I’m getting a very weird behaviour during debugging where an enum value in memory is being overwritten seemingly by the kernel. I’m using pic32mz and have narrowed the issue down to when xTaskCreate is called for the task that holds the enum in question. Interestingly/annoyingly if I put a breakpoint at the xTaskCreate line the address doesn’t get written to however if the initialisation runs until the start of the task it does get overwritten. I’ve check the high watermark is nowhere near (~0x1C2) so I don’t think stack size is an issue.
What has seemed to work is changing configStackDepthType from uint16_t (default) to uint32_t. I couldn’t find a very detailed explanation on what effect this has and chose uint32_t because I’m using a 32bit micro. It seems to have worked so far which is great but I’d really like to understand why and if it’s just a workaround to another mistake I have made.
I think I was mistaken in assuming it had to do with stack depth type. I tested it a few more times and it seems not to have changed anything. What I realised I also changed is the stack size for that particular task. I changed it from 4096 to 2048 and that seems to have fixed the problem. My understanding of configuring memory in freertos is average at best so maybe someone could explain why this could have caused an issue. It would make sense that not having enough memory would cause issues but having too much doesn’t.

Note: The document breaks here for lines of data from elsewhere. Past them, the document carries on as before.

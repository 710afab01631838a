-- ===== src/Blob/Reader/Open.antt =====
-- BlobReader::Open on a file that BlobWriter lays out.
use gemma_cpp.Base.{ℕ, ◌+◌, ◌-◌, ◌^◌, ◌<◌, ◌≡◌, List, length, replicate}
use gemma_cpp.Base.Block.{Block, slice, store}
use gemma_cpp.Blob.{U128, Span}
use gemma_cpp.Blob.Io.{Calls}
use gemma_cpp.Blob.Store.{RoundsUp, Allocator, align, store_size, header_size}
use gemma_cpp.Blob.Store.Layout.{padded_total, IsHeader}
use gemma_cpp.Blob.Store.Memory.{stored}
use gemma_cpp.Blob.Reader.{first_part}

module _ (round_up_to : ℕ → ℕ → ℕ) (rounds : RoundsUp round_up_to) (allocator : Allocator)
    (bytes : ℕ → ℕ) (first rest : Calls) (stack : ℕ → ℕ) (file m : Block) (keys : List U128)
    (blobs : List Span) where
  abbrev padded : ℕ
  padded = round_up_to (header_size (length keys)) align

  abbrev total : ℕ
  total = padded + padded_total round_up_to blobs

  -- The memory of the header after the two reads.
  loaded : Block
  loaded =
      stored
        (stored (stored (record { size = padded; byte = bytes }) 0 (replicate store_size 0)) 0
          (slice (store stack 0 (slice file.byte 0 store_size)) 0 store_size))
        store_size (slice file.byte store_size (padded - store_size))

  module _ (is : IsHeader round_up_to m keys blobs) (some_keys : 0 < length keys)
      (few : length keys < 2 ^ 20) (shown : (q : ℕ) → q < padded → file.byte q ≡ m.byte q)
      (whole : file.size ≡ total) where
    abbrev head : Block
    head = first_part stack (slice file.byte 0 store_size)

The important word here is “seems.” Frequently the chain of events that leads to something working or not working against all odds can be very long. Possibly your reducing the stack size has led to a modified memory layout in which a block of memory that had been overtrampled before is now coincidentally being untouched. Iow, your problem is still there but it currently doesn’t have a chance to manifest itself.
Hate to tell you, but until you know for sure what really caused your problem in the first place, it can (and according to Murphy will, but in the worst of scenarios) come back at any time. What it is exactly - noone can tell. We all spent long long hours tracing these things in utter despair. The grunt work is something you will need to do yourself.
Thanks for the ideas. I’m more than happy to keep digging at it because I do need to figure out the cause. I’m just hoping someone might have some tips for diagnosing bad memory settings with FreeRTOS like choosing a suitable heap vs stack size. If it is indeed that reducing stack size prevented trampling of other data surely that is something the compiler should handle or I could configure in config somehow?
A possibility is that the stack of your task overflowed which corrupted the data. You can use stack overflow checking to confirm that - FreeRTOS - stacks and stack overflow checking
Another way to catch the corruption when it happens is to put a data breakpoint on the value that is getting corrupted.
The compiler wn’t be able to handle that, you would need erun time support. Several approaches such as using a built in MPU (if available) have been discussed here extensively (but they don’t catch all cases and have adverse side effects), but aside from the techniques that Gaurav sketched, it’s still a lot of digging manually on your side.